Assignment
Which lines of the records below contain the word "same"? Show each one.

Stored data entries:
- - -

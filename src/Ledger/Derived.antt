-- ===== src/Ledger/Derived.antt =====
-- `derive` of crates/cc-ledger/src/v1/authority.rs on a governed ledger.
use clockchain.Prelude.{
  ap, ℕ, ◌≡◌, ◌⊎◌, refl, ap₂, ◌∙◌, sym, inl, inr, Bool, true, false, Option, some, [], ◌∷◌, length,
  arith, ◌==◌, ==_iff, Bool-cases, nat_key,
}
use clockchain.Prelude.Table.{lookup, contains_key, IsDistinct}
use clockchain.Prelude.Ordered.{set_contains}
use clockchain.Wire.{Hash}
use clockchain.Wire.Event.{Payload, Decision}
use clockchain.Wire.Signed.{Crypto, Signed}
use clockchain.Ledger.{Events, parents_of}
use clockchain.Ledger.Authority.{
  Grant, Authority, Lineages, Revocations, add_revocation, revocations, covers, outside, signer,
  trace, traced, lineages,
}
use clockchain.Ledger.Derive.{derive}
use clockchain.Ledger.Order.{key_held, later}
use clockchain.Ledger.Rounds.{Takes}
use clockchain.Ledger.Schedule.{schedule-takes}
use clockchain.Ledger.Selections.{set_contains-first}
use clockchain.Ledger.Totals.{IsTraced}
use clockchain.Ledger.Active.{derive_from-IsRuled}
use clockchain.Ledger.Governed.{Makes, IsGoverned, IsMade}
use clockchain.Ledger.Lineage.{IsLineage}
use clockchain.Ledger.Trace.{trace-Returns}

-- A revocation that is collected comes from an event.
add_revocation-found :
    (id : Hash) (payload : Payload) (rest : Revocations) (r : Hash) (target : Hash) (cascade : Bool)
    → lookup r (add_revocation id payload rest) ≡ some (target, cascade)
    → ((id ≡ r) × ((d : Decision) × (payload ≡ Payload.revoke target cascade d)))
      ⊎ (lookup r rest ≡ some (target, cascade))
unfolding add_revocation lookup
add_revocation-found id (Payload.revoke t c d) rest r target cascade h =
    elim (Bool-cases (id == r)) [
      | inl same ↦
          let h' = rw same at h in
          let both : ◌≡◌ {A = Option (Hash × Bool)} (some (t, c)) (some (target, cascade)) = h' in
          let t_eq : t ≡ target = ground (arith, both) in
          let c_eq : c ≡ cascade = ground (arith, both) in
          inl ((==_iff id r).0 same, (d, ap₂ (λ x y. Payload.revoke x y d) t_eq c_eq))
      | inr differ ↦ let h' = rw differ at h in inr h'
    ]
add_revocation-found id (Payload.genesis _ _ _) rest r target cascade h = inr h
add_revocation-found id _ rest r target cascade h = inr h

revocations-found :
    (items : Events) (r : Hash) (target : Hash) (cascade : Bool)
    → IsDistinct items
    → lookup r (revocations items) ≡ some (target, cascade)
    → (e : Signed) × (d : Decision) × (lookup r items ≡ some e)
      × (e.envelope.payload ≡ Payload.revoke target cascade d)
unfolding revocations lookup
revocations-found [] r target cascade d h = absurd (ground (arith, h))
revocations-found ((id, e) ∷ items) r target cascade d h =
    elim (add_revocation-found id e.envelope.payload (revocations items) r target cascade h) [
      | inl (id_eq, (decision, p)) ↦ (e, decision, ground (arith, id_eq), p)
      | inr h' ↦
          let (f, decision, held, p) = revocations-found items r target cascade d.1 h' in
          (f, decision, later id r e f items d held, p)
    ]

module _ {SecretKey : Type 0} (crypto : Crypto SecretKey) (valid : Events) (rank : Hash → ℕ)
    (gov : IsGoverned crypto valid rank) where
  trace-Takes :
      Takes valid traced
        (trace crypto)
        (λ (l : Lineages). length l.ancestors)
        (IsLineage crypto valid)
  trace-Takes = record {
    takes = λ id e l held inv new ready.
        let (l', eq, (inv', adds, size)) =
          trace-Returns crypto valid rank id e l gov held inv new ready in
        (l', eq, inv', adds, size);
  }

  abbrev empty : Lineages
  empty = record { ancestors = []; lineage = []; grants = [] }

  empty-IsLineage : IsLineage crypto valid empty
  unfolding lookup
  empty-IsLineage = record {
    closed = λ x e p h. absurd (ground (arith, h));
    made = λ y f g grant h. absurd (ground (arith, h));
    same = λ g. refl;
    origin = λ g grant i h. absurd (ground (arith, h));
    owned = λ g grant h. absurd (ground (arith, h));
  }

  untraced : (x : Hash) → traced x empty ≡ false
  unfolding lookup
  untraced x = refl

  path_made :
      (l : Lineages)
      → IsLineage crypto valid l
      → ((x : Hash) → contains_key x valid ≡ true → traced x l ≡ true)
      → (g : Hash) → IsMade crypto valid g
      → contains_key g l.lineage ≡ true
  path_made l inv all g (y, f, grant, held, makes) =
      inv.made y f g grant (all y (ground (arith, held))) held makes

  lineages-IsTraced :
      (l : Lineages) × (lineages crypto valid ≡ some l)
      × IsTraced crypto valid (revocations valid) l
      × IsLineage crypto valid l
  unfolding lineages
  lineages-IsTraced =
      let (l, eq, inv, all) =
        schedule-takes valid traced (trace crypto) (λ l. length l.ancestors)
          (IsLineage crypto valid) trace-Takes rank empty gov.ordered empty-IsLineage refl
          untraced in
      let is_path =
        λ (g : Hash) (m : IsMade crypto valid g). path_made l inv (λ x. (all x).1) g m in
      (
        l,
        eq,
        record {
          past = λ x known. (all x).1 known;
          paths = λ g known. sym (inv.same g) ∙ known;
          signers = λ x e held. is_path (signer crypto x e) (gov.signed x e held);
          revoking = λ r known.
              let ((target, cascade), r_held) = key_held r (revocations valid) known in
              let (e, d, held, p) =
                revocations-found valid r target cascade gov.ordered.distinct r_held in
              let (parent, parent_eq, _) = gov.revoked r e target cascade d held p in
              (
                e,
                parent,
                held,
                parent_eq,
                gov.ordered.known r e parent held
                    (set_contains-first parent (parents_of e) parent_eq),
              );
          targets = λ r target cascade r_held.
              let (e, d, held, p) =
                revocations-found valid r target cascade gov.ordered.distinct r_held in
              let (_, _, m) = gov.revoked r e target cascade d held p in
              inv.same target ∙ is_path target m;
          issuers = inv.origin;
        },
        inv,
      )

  -- What is read from the authority of a governed ledger.
  pub record IsView (a : Authority) : Type 0 where
    pub known : (g : Hash) → set_contains g a.active ≡ true → contains_key g a.grants ≡ true
    pub owned :
        (g : Hash) (grant : Grant)
        → lookup g a.grants ≡ some grant
        → (y : Hash) × (f : Signed) × (lookup y valid ≡ some f) × Makes crypto valid y f g grant
    pub issuers :
        (g : Hash) (grant : Grant) (i : Hash)
        → lookup g a.grants ≡ some grant
        → grant.issuer ≡ some i
        → contains_key i a.grants ≡ true
    pub effective : (x : Hash) → contains_key x valid ≡ true → contains_key x a.effects ≡ true

  pub derive-IsView : (a : Authority) × (derive crypto valid ≡ some a) × IsView a
  unfolding derive
  derive-IsView =
      let (l, l_eq, t, inv) = lineages-IsTraced in
      let (a, a_eq, ruled) =
        derive_from-IsRuled crypto valid (revocations valid) l t rank gov.ordered in
      let here_ = λ (g : Hash) (grant : Grant) (held : lookup g a.grants ≡ some grant).
        ap (lookup g) (sym ruled.made) ∙ held in
      (
        a,
        rw l_eq a_eq,
        record {
          known = ruled.known;
          owned = λ g grant held. inv.owned g grant (here_ g grant held);
          issuers = λ g grant i held issuer.
              let path = inv.origin g grant i (here_ g grant held) issuer in
              ap (contains_key i) ruled.made ∙ (inv.same i ∙ path);
          effective = ruled.ruled;
        },
      )

  -- The authority of a governed ledger is found: the loops end and no index fails. An active grant is
  -- one that was made; no effective revocation covers it; and each effective revocation that covers
  -- its issuer has the event that issued it in its past. Every event has an effect.
  pub derive-active :
      (l : Lineages) × (a : Authority) × (lineages crypto valid ≡ some l)
      × (derive crypto valid ≡ some a)
      × ((g : Hash)
          → set_contains g a.active ≡ true
          → (contains_key g a.grants ≡ true)
            × ((r : Hash)
                → set_contains r a.effective_revokes ≡ true
                → covers (revocations valid) l r g ≡ some false)
            × ((grant : Grant) (i : Hash) (r : Hash)
                → lookup g a.grants ≡ some grant
                → grant.issuer ≡ some i
                → set_contains r a.effective_revokes ≡ true
                → covers (revocations valid) l r i ≡ some true
                → outside valid l grant.issued_by_event r ≡ some false))
      × ((x : Hash) → contains_key x valid ≡ true → contains_key x a.effects ≡ true)
  unfolding derive
  derive-active =
      let (l, l_eq, t, _) = lineages-IsTraced in
      let (a, a_eq, ruled) =
        derive_from-IsRuled crypto valid (revocations valid) l t rank gov.ordered in
      (
        l,
        a,
        l_eq,
        rw l_eq a_eq,
        λ g m. (
          ruled.known g m,
          λ r k. ruled.uncovered g r m k,
          λ grant i r held issuer k covered.
              let both = ruled.unopposed g grant i m held issuer r k in
              let both' = rw covered at both in both',
        ),
        ruled.ruled,
      )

- - -

Result of this task
      | inl same ↦
          let h' = rw same at h in
          inl ((==_iff id r).0 same, (d, ap₂ (λ x y. Payload.revoke x y d) t_eq c_eq))
    same = λ g. refl;
          paths = λ g known. sym (inv.same g) ∙ known;
              inv.same target ∙ is_path target m;
              ap (contains_key i) ruled.made ∙ (inv.same i ∙ path);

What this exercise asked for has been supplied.